Exercise instructions:
Two lines below mark the span: the one containing "read_tcp_flow_schedule-IsTcpFlowSchedule four_endpoints 10" and the one containing "burst_is_read = refl". Set down both, plus every line between, exactly as they stand, and nothing else.

(Data provided)

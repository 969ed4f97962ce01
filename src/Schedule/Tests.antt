-- ===== src/Schedule/Tests.antt =====
-- Schedules of a few lines.
use hypatia_multicast.Base.{
  ℕ, zero, suc, ◌+◌, ◌*◌, arith, inl, inr, map, ◌≡◌, refl, List, [], ◌∷◌, some, ok, err,
  invalid_argument, ltb,
}
use Prim.Native.Char.{code}
use Prim.Native.String.{String}
use hypatia_multicast.ExpUtil.Text.{Text}
use hypatia_multicast.Base.Int.{ℤ, pos, pos_part, ltb_ℤ, ◌==ℤ◌}
use hypatia_multicast.ExpUtil.Numbers.{Doubles, stoll, parse_positive_double}
use hypatia_multicast.Schedule.{Topology}
use hypatia_multicast.Schedule.UdpBurst.{
  UdpBurstInfo, read_udp_burst_schedule, IsUdpBurstSchedule,
  read_udp_burst_schedule-IsUdpBurstSchedule,
}
use hypatia_multicast.Schedule.MulticastUdp.{
  MulticastUdpInfo, read_multicast_udp_schedule, IsMulticastUdpSchedule,
  read_multicast_udp_schedule-IsMulticastUdpSchedule,
}
use hypatia_multicast.Schedule.Requests.{to_request, read_multicast_udp_schedule-Delivers}
use hypatia_multicast.Routing.Multicast.{RoutingState, cal_global_multicast_state}
use hypatia_multicast.Routing.Multicast.Routes.{routes_of}
use hypatia_multicast.Routing.Multicast.Delivery.{Delivers}
use hypatia_multicast.Routing.Multicast.Star.{
  star_interfaces, star_candidates, no_routes, star-HasInterfaces,
}
use hypatia_multicast.Schedule.TcpFlow.{
  TcpFlowScheduleEntry, read_tcp_flow_schedule, IsTcpFlowSchedule,
  read_tcp_flow_schedule-IsTcpFlowSchedule,
}

abbrev codes : String → List ℕ
codes String.[] = []
codes (String.◌∷◌ c s) = code c ∷ codes s

abbrev four_endpoints : Topology
four_endpoints = record { is_valid_endpoint = λ n. ltb n 4; multicast_group_base = 3_758_096_384 }

abbrev two_flows : List Text
two_flows = codes "0,0,3,1000,5,," ∷ codes "1,2,1,2000,5,a,b" ∷ []

abbrev two_entries : List TcpFlowScheduleEntry
two_entries =
    record {
      tcp_flow_id = 0;
      from_node_id = 0;
      to_node_id = 3;
      size_byte = 1000;
      start_time_ns = 5;
      additional_parameters = [];
      metadata = [];
    }
    ∷ record {
      tcp_flow_id = 1;
      from_node_id = 2;
      to_node_id = 1;
      size_byte = 2000;
      start_time_ns = 5;
      additional_parameters = codes "a";
      metadata = codes "b";
    }
    ∷ []

two_flows_are_read : read_tcp_flow_schedule (some two_flows) four_endpoints 10 ≡ ok two_entries
unfolding read_tcp_flow_schedule
two_flows_are_read = refl

read_tcp_flow_schedule-IsTcpFlowSchedule_example :
    (k p : ℕ) × IsTcpFlowSchedule four_endpoints 10 0 0 two_entries k p
read_tcp_flow_schedule-IsTcpFlowSchedule_example =
    read_tcp_flow_schedule-IsTcpFlowSchedule four_endpoints 10 two_flows two_entries
      two_flows_are_read

-- Whole numbers in place of doubles.
abbrev integers : Doubles
integers = record {
  Double = ℤ;
  stod = stoll;
  is_negative = λ v. ltb_ℤ v (pos 0);
  is_zero = λ v. v ==ℤ pos 0;
  above_one = λ v. ltb_ℤ (pos 1) v;
  truncate = λ v. some (pos_part v);
}

abbrev burst : UdpBurstInfo ℤ
burst = record {
  udp_burst_id = 0;
  from_node_id = 1;
  to_node_id = 2;
  target_rate_megabit_per_s = pos 50;
  start_time_ns = 5;
  duration_ns = 100;
  additional_parameters = [];
  metadata = codes "m";
}

burst_is_read :
    read_udp_burst_schedule integers (some (codes "0,1,2,50,5,100,,m" ∷ [])) four_endpoints 10
    ≡ ok (burst ∷ [])
unfolding read_udp_burst_schedule parse_positive_double
burst_is_read = refl

read_udp_burst_schedule-IsUdpBurstSchedule_example :
    (k p : ℕ) × IsUdpBurstSchedule integers four_endpoints 10 0 0 (burst ∷ []) k p
read_udp_burst_schedule-IsUdpBurstSchedule_example =
    read_udp_burst_schedule-IsUdpBurstSchedule integers four_endpoints 10
      (codes "0,1,2,50,5,100,,m" ∷ []) (burst ∷ []) burst_is_read

abbrev multicast_lines : List Text
multicast_lines = codes "0,0,2,2 3,50,5,100,," ∷ []

abbrev multicast_entry : MulticastUdpInfo ℤ
multicast_entry = record {
  udp_burst_id = 0;
  from_node_id = 0;
  to_node_ids = 2 ∷ 3 ∷ [];
  target_rate_megabit_per_s = pos 50;
  start_time_ns = 5;
  duration_ns = 100;
  additional_parameters = [];
  metadata = [];
  multicast_group = 3_758_096_384;
}

multicast_is_read :
    read_multicast_udp_schedule integers (some multicast_lines) four_endpoints 10
    ≡ ok (multicast_entry ∷ [])
unfolding read_multicast_udp_schedule parse_positive_double
multicast_is_read = refl

source_as_member :
    read_multicast_udp_schedule integers
      (some (codes "0,0,2,0 3,50,5,100,," ∷ []))
      four_endpoints
      10
    ≡ err invalid_argument
unfolding read_multicast_udp_schedule parse_positive_double
source_as_member = refl

read_multicast_udp_schedule-IsMulticastUdpSchedule_example :
    (k p : ℕ) × IsMulticastUdpSchedule integers four_endpoints 10 0 0 (multicast_entry ∷ []) k p
read_multicast_udp_schedule-IsMulticastUdpSchedule_example =
    read_multicast_udp_schedule-IsMulticastUdpSchedule integers four_endpoints 10 multicast_lines
      (multicast_entry ∷ []) multicast_is_read

abbrev address : ℕ → ℕ → ℕ
address node i = 256 * node + i

abbrev routed : RoutingState
routed =
    (record { origin = 1; group = 3_758_096_384; input_interface = 0; output_interfaces = 1 ∷ [] }
      ∷ [])
    ∷ (record {
      origin = 1;
      group = 3_758_096_384;
      input_interface = 1;
      output_interfaces = 2 ∷ 3 ∷ [];
    }
        ∷ [])
    ∷ []
    ∷ []
    ∷ []

multicast_routed :
    cal_global_multicast_state address 3_758_096_384 star_candidates star_interfaces
      (map to_request (multicast_entry ∷ []))
      no_routes
    ≡ ok routed
unfolding cal_global_multicast_state
multicast_routed = refl

no_routes_lem : (x : ℕ) → routes_of no_routes x ≡ []
no_routes_lem zero = refl
no_routes_lem (suc zero) = refl
no_routes_lem (suc (suc zero)) = refl
no_routes_lem (suc (suc (suc zero))) = refl
no_routes_lem (suc (suc (suc (suc x)))) = refl

read_multicast_udp_schedule-Delivers_example :
    Delivers star_interfaces routed 0 multicast_entry.multicast_group 0 3
read_multicast_udp_schedule-Delivers_example =
    read_multicast_udp_schedule-Delivers integers four_endpoints 10 multicast_lines
      (multicast_entry ∷ []) address star_candidates star_interfaces no_routes routed
      multicast_is_read (omega arith) star-HasInterfaces no_routes_lem multicast_routed
      multicast_entry (inl refl) 3 (inr (inl refl))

(End Data provided)

Result:
    read_tcp_flow_schedule-IsTcpFlowSchedule four_endpoints 10 two_flows two_entries
      two_flows_are_read

-- Whole numbers in place of doubles.
abbrev integers : Doubles
integers = record {
  Double = ℤ;
  stod = stoll;
  is_negative = λ v. ltb_ℤ v (pos 0);
  is_zero = λ v. v ==ℤ pos 0;
  above_one = λ v. ltb_ℤ (pos 1) v;
  truncate = λ v. some (pos_part v);
}

abbrev burst : UdpBurstInfo ℤ
burst = record {
  udp_burst_id = 0;
  from_node_id = 1;
  to_node_id = 2;
  target_rate_megabit_per_s = pos 50;
  start_time_ns = 5;
  duration_ns = 100;
  additional_parameters = [];
  metadata = codes "m";
}

burst_is_read :
    read_udp_burst_schedule integers (some (codes "0,1,2,50,5,100,,m" ∷ [])) four_endpoints 10
    ≡ ok (burst ∷ [])
unfolding read_udp_burst_schedule parse_positive_double
burst_is_read = refl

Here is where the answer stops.